Posts Tagged ‘Fugitive Slave Act’

Oops. I freed the slaves.

It wasn’t that the Union Army wanted to emancipate the slaves during the Civil War. Union soldiers as a class were racists, as were most Northerners of the day.

“Union soldiers were not on a great crusade to end slavery,” Gary Gallagher, a professor with the University of Virginia’s Corcoran Department of History, said. Rather, they were on a crusade to take down the “aristocrats and oligarchs” who owned the plantations and ruled the South. Gallagher compared the Union soldiers’ attitudes toward Southern plantation barons to the Founding Fathers’ attitude toward the British during the Revolutionary War. Southerners were nose-in-the-air snobs who thought they were better than the common American.

If ending slavery ended the Southern oligarchy, then the means justified the end.

Portrait of Maj. Gen. George B. McClellan, officer of the Federal Army, and his wife, Ellen Mary Marcy

Portrait of Maj. Gen. George B. McClellan, officer of the Federal Army, and his wife, Ellen Mary Marcy

Gallagher provided the opening lecture for the U.S. Capitol Historical Society’s 2011 Annual Symposium:  “Emancipation during the Civil War,” in the U.S. Senate Dirksen Office Building on May 5. (Yes, I know.
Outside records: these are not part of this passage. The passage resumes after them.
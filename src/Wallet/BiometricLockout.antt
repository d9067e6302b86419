-- ===== src/Wallet/BiometricLockout.antt =====
-- apps/mobile-wallet/src/security/biometric-lockout-manager.ts and biometric-lockout.types.ts. What the
-- storage holds is `none` where there is nothing, and `corrupt` where it is not a state. The storage
-- does not fail.
use ancore.Common.{
  ℕ, ◌+◌, ◌-◌, Bool, true, false, ◌&&◌, not, Option, none, some, if◌then◌else◌, ltb, leb,
}

abbrev pub biometric_max_attempts : ℕ
biometric_max_attempts = 3

abbrev pub lockout_duration_ms : ℕ
lockout_duration_ms = 30000

pub data BiometricFailureReason : Type 0 where
  user_cancel authentication_failed biometric_not_enrolled biometric_not_available lockout
        lockout_permanent unknown :
      BiometricFailureReason

pub record BiometricLockoutState : Type 0 where
  pub failed_attempts : ℕ
  pub locked_until : Option ℕ
  pub last_failure_reason : Option BiometricFailureReason
  pub permanently_locked : Bool

abbrev pub default_lockout_state : BiometricLockoutState
default_lockout_state = record {
  failed_attempts = 0;
  locked_until = none;
  last_failure_reason = none;
  permanently_locked = false;
}

pub data Persisted : Type 0 where
  absent corrupt : Persisted
  persisted : BiometricLockoutState → Persisted

pub record BiometricLockoutManager : Type 0 where
  pub state : BiometricLockoutState
  pub storage : Persisted

abbrev pub persist : BiometricLockoutState → BiometricLockoutManager
persist s = record { state = s; storage = persisted s }

unfoldable pub reset_lockout : BiometricLockoutManager → BiometricLockoutManager
reset_lockout m = record { state = default_lockout_state; storage = absent }

unfoldable pub is_timed_lockout_expired : ℕ → BiometricLockoutState → Bool
is_timed_lockout_expired now s = elim s.locked_until [
  | none ↦ false
  | some until ↦ not s.permanently_locked && leb until now
]

abbrev pub clear_timed_lockout : BiometricLockoutState → BiometricLockoutState
clear_timed_lockout s = record {
  failed_attempts = 0;
  locked_until = none;
  last_failure_reason = none;
  permanently_locked = s.permanently_locked;
}

unfoldable pub initialize : ℕ → BiometricLockoutManager → BiometricLockoutManager
unfolding is_timed_lockout_expired reset_lockout
initialize now m = elim m.storage [
  | absent ↦ m
  | corrupt ↦ reset_lockout m
  | persisted s ↦
      if is_timed_lockout_expired now s
      then persist (clear_timed_lockout s)
      else record { state = s; storage = persisted s }
]

unfoldable pub is_locked : ℕ → BiometricLockoutState → Bool
is_locked now s =
    if s.permanently_locked
    then true
    else elim s.locked_until [ none ↦ false | some until ↦ ltb now until ]

-- A time of 0 is no lockout.
unfoldable pub remaining_lockout_ms : ℕ → BiometricLockoutState → ℕ
remaining_lockout_ms now s = elim s.locked_until [ none ↦ 0 | some until ↦ until - now ]

abbrev pub set_timed_lockout :
    BiometricFailureReason → ℕ → BiometricLockoutState → BiometricLockoutManager
set_timed_lockout reason now s = persist (record {
  failed_attempts = s.failed_attempts;
  locked_until = some (now + lockout_duration_ms);
  last_failure_reason = some reason;
  permanently_locked = s.permanently_locked;
})

abbrev pub set_permanent_lockout :
    BiometricFailureReason → BiometricLockoutState → BiometricLockoutManager
set_permanent_lockout reason s = persist (record {
  failed_attempts = s.failed_attempts;
  locked_until = none;
  last_failure_reason = some reason;
  permanently_locked = true;
})

-- A failure that counts.
unfoldable pub count_failure :
    BiometricFailureReason → ℕ → BiometricLockoutState → BiometricLockoutManager
count_failure reason now s =
    let counted : BiometricLockoutState = record {
      failed_attempts = s.failed_attempts + 1;
      locked_until = s.locked_until;
      last_failure_reason = some reason;
      permanently_locked = s.permanently_locked;
    } in
    if leb biometric_max_attempts counted.failed_attempts
    then set_timed_lockout reason now counted
    else persist counted

unfoldable pub record_failure :
    BiometricFailureReason → ℕ → BiometricLockoutManager → BiometricLockoutManager
unfolding count_failure
record_failure lockout_permanent now m = set_permanent_lockout lockout_permanent m.state
record_failure lockout now m = set_timed_lockout lockout now m.state
record_failure user_cancel now m = m
record_failure authentication_failed now m = count_failure authentication_failed now m.state
record_failure biometric_not_enrolled now m = count_failure biometric_not_enrolled now m.state
record_failure biometric_not_available now m = count_failure biometric_not_available now m.state
record_failure unknown now m = count_failure unknown now m.state

unfoldable pub record_success : BiometricLockoutManager → BiometricLockoutManager
unfolding reset_lockout
record_success m = reset_lockout m
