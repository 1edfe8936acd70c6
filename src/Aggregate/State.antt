-- ===== src/Aggregate/State.antt =====
-- `aggregate_user_state` of cpa_first/engine/aggregate.py, with the mastery of concepts and the states of subjects. Whether
-- a tag has a colon, and `round(a / b, 4)` in ten-thousandths, are parameters. The user's id, exam and
-- hours, which are passed on, are left out.
use xeno_pre_test.Prelude.{
  ℕ, suc, Bool, ◌&&◌, ◌||◌, not, ◌==◌, ltb, if◌then◌else◌, Option, none, some, List, [], ◌∷◌, ◌++◌,
  map, String, str_eq, str_leb, tally, length, sorted,
}
use xeno_pre_test.StudyPlan.Stage.{Stage}
use xeno_pre_test.Prescribe.Subjects.{is_known_subject}
use xeno_pre_test.Aggregate.Signals.{
  Log, Problem, problem_by_id, has_threshold, is_overrun, subject_risk_tags, infer_current_stage,
}

pub record SubjectState : Type 0 where
  pub subject : String
  pub accuracy : ℕ
  pub time_overrun_rate : ℕ
  pub risk_tags : List String
  -- Empty where the source leaves it out.
  pub concept_mastery : List (String × ℕ)

pub record UserState : Type 0 where
  pub current_stage : Stage
  pub subject_states : List SubjectState

-- `subject` of a log, where its problem is known and has one that is registered.
abbrev pub subject_of : List Problem → Log → Option String
unfolding problem_by_id
subject_of ps l = elim (problem_by_id l.problem_id ps) [
  | none ↦ none
  | some p ↦
      if not (str_eq p.subject "") && is_known_subject p.subject then some p.subject else none
]

-- `by_subject.setdefault(subject, []).append(log)`
unfoldable pub append_log : String → Log → List (String × List Log) → List (String × List Log)
append_log s l [] = (s, l ∷ []) ∷ []
append_log s l ((t, ls) ∷ groups) =
    if str_eq s t then (t, ls ++ l ∷ []) ∷ groups else (t, ls) ∷ append_log s l groups

abbrev pub append_to : Option String → Log → List (String × List Log) → List (String × List Log)
unfolding append_log
append_to none l groups = groups
append_to (some s) l groups = append_log s l groups

unfoldable pub by_subject :
    List Problem → List Log → List (String × List Log) → List (String × List Log)
unfolding append_log problem_by_id
by_subject ps [] groups = groups
by_subject ps (l ∷ ls) groups = by_subject ps ls (append_to (subject_of ps l) l groups)

-- `by_subject[subject]`
unfoldable pub logs_of : String → List (String × List Log) → List Log
logs_of s [] = []
logs_of s ((t, ls) ∷ groups) = if str_eq s t then ls else logs_of s groups

abbrev pub group_names : List (String × List Log) → List String
group_names = map (λ g. g.0)

abbrev pub with_state : Option SubjectState → List SubjectState → List SubjectState
with_state none states = states
with_state (some s) states = s ∷ states

module _ (has_colon : String → Bool) (share : ℕ → ℕ → ℕ) where
  unfoldable pub primary_concept : List String → Option String
  primary_concept [] = none
  primary_concept (t ∷ ts) = if has_colon t then some t else primary_concept ts

  abbrev pub concept_of : List Problem → Log → Option String
  unfolding problem_by_id primary_concept
  concept_of ps l = elim (problem_by_id l.problem_id ps) [
    | none ↦ none
    | some p ↦ primary_concept p.concept_tags
  ]

  -- A concept's `correct` and `total`, with one log more.
  unfoldable pub count_concept : String → Bool → List (String × ℕ × ℕ) → List (String × ℕ × ℕ)
  count_concept c ok [] = (c, (if ok then 1 else 0), 1) ∷ []
  count_concept c ok ((k, right, total) ∷ counts) =
      if str_eq k c
      then (k, (if ok then suc right else right), suc total) ∷ counts
      else (k, right, total) ∷ count_concept c ok counts

  unfoldable pub concept_counts :
      List Problem → List Log → List (String × ℕ × ℕ) → List (String × ℕ × ℕ)
  unfolding count_concept problem_by_id primary_concept
  concept_counts ps [] counts = counts
  concept_counts ps (l ∷ ls) counts =
      concept_counts ps ls
        (elim (concept_of ps l) [ none ↦ counts | some c ↦ count_concept c l.correct counts ])

  abbrev pub weaker : String × ℕ → String × ℕ → Bool
  weaker (a, m) (b, n) = ltb m n || ((m == n) && str_leb a b)

  -- `_aggregate_concept_mastery`
  unfoldable pub aggregate_concept_mastery : List Log → List Problem → List (String × ℕ)
  unfolding concept_counts
  aggregate_concept_mastery logs ps =
      sorted weaker (map (λ (c, right, total). (c, share right total)) (concept_counts ps logs []))

  unfoldable pub aggregate_subject_state : List Log → List Problem → String → Option SubjectState
  unfolding aggregate_concept_mastery subject_risk_tags
  aggregate_subject_state [] ps s = none
  aggregate_subject_state (l ∷ ls) ps s =
      let logs = l ∷ ls in
      let overruns = tally (is_overrun ps) logs in
      let with_threshold = tally (has_threshold ps) logs in
      let mastery = aggregate_concept_mastery logs ps in
      some record {
        subject = s;
        accuracy = share (tally (λ l. l.correct) logs) (length logs);
        time_overrun_rate = if with_threshold == 0 then 0 else share overruns with_threshold;
        risk_tags = subject_risk_tags logs ps mastery;
        concept_mastery = mastery;
      }

  -- The loop over the sorted subjects.
  unfoldable pub subject_states :
      List (String × List Log) → List Problem → List String → List SubjectState
  unfolding aggregate_subject_state logs_of
  subject_states groups ps [] = []
  subject_states groups ps (s ∷ ss) =
      with_state (aggregate_subject_state (logs_of s groups) ps s) (subject_states groups ps ss)

  unfoldable pub aggregate_user_state : List Log → List Problem → Option Stage → UserState
  unfolding subject_states by_subject infer_current_stage
  aggregate_user_state logs ps stage =
      let groups = by_subject ps logs [] in
      record {
        current_stage = elim stage [ none ↦ infer_current_stage logs | some t ↦ t ];
        subject_states = subject_states groups ps (sorted str_leb (group_names groups));
      }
That was more than two weeks ago. Thank you, God, for not ending the world yesterday or this NEVER would have seen the light of day.)

Gallagher’s lecture, “’Wherever Our Army Has Been, There Remain No Slaves’: Union Military Forces in the Equation of Emancipation,” gave more than a nod to the two prevailing theories in the “very complex process of emancipation.”  But, he argued, without the Union Army slavery would not have been abolished by the Civil War.

The two main trains of historian thought on emancipation are:

1)      President Abraham Lincoln freed the slaves, with supporting roles from Congress and Gen. Ulysses S. Grant.

2)      The slaves freed themselves through uprisings and revolts.

Even among those two, though, Lincoln carries the day. Growing up, Gallagher remembers, the refrain was, “Lincoln freed the slaves. Lincoln freed the slaves.” However, Lincoln himself gave the Union Army much credit in his Second Inaugural Address, Gallagher said, when he declared:

“The progress of our arms, upon which all else chiefly depends, is as well known to the public as to myself, and it is, I trust, reasonably satisfactory and encouraging to all,” adding that the “slaves constituted a peculiar and powerful interest. All knew that this interest was somehow the cause of the war.” (Ha! So the Civil War was fought over slavery.)

But emancipation was not pre-ordained nor was it Lincoln’s goal when war began, Gallagher said. (OK, so the Civil War was fought to preserve the Union.)  In theory, had Union Army Gen. George McClellan not been a timid warrior and had successfully marched on and captured the Confederate capital of Richmond, Virginia, in the summer of 1862, the North would have won the war without ending slavery, Gallagher proposed. McClellan was no fan of abolition.

But McClellan failed and slavery slipped away. Gallagher gave many examples of how slavery disappeared as the Union Army advanced, remained where the army had not reached, and returned when Confederate troops retook Southern territory.

“Slavery was virtually untouched in Texas because Texas was virtually untouched by the Union Army,” he noted. The Union Army’s presence in Harpers Ferry, West Virginia, meant slavery did not exist there. In fact, on May 4, 1861, Harpers Weekly noted that while the Union Army did not “march under an abolition banner,” in the lands occupied by the Union Army marshal law superseded local, state and federal law – and the Fugitive Slave Act was not to be found in military regulations. Therefore, having no legal recourse to keep slaves in bondage, the Army’s presence gave slaves de facto freedom.

Conversely, when Confederate Gen. Stonewall Jackson overtook Harpers Ferry, hundreds of freed African Americans again became enslaved. Southerners rejoiced, Gallagher said, at the recovery of their “contraband.”

Drawing another comparison between the Revolutionary and Civil Wars, Gallagher noted that the British also freed the slaves in the territories they occupied. Had the British won the Revolutionary War, slavery probably would have ended then in the American colonies.

The British lost and it was left to the Union soldiers of the next century to complete the mission. Soldiers knew their role in emancipation. Robert Gould Shaw, a well-connected white colonel who commanded the African-American 54th Massachusetts Regiment, wrote his mother downplaying the effect of Lincoln’s Emancipation Proclamation. “For my part, I can’t see what practical effect” the proclamation has, he wrote. “Wherever our army has been, there remain no slaves. The proclamation will not free them where we don’t go.”

Shaw won a measure of notoriety by Matthew Broderick’s portrayal of him in the movie Glory. But he is not a household name.

Abraham Lincoln is. So, regardless of the Union Army’s role in emancipation, Lincoln will forever be credited for freeing the slaves. That may not be fair, but it is historical fact.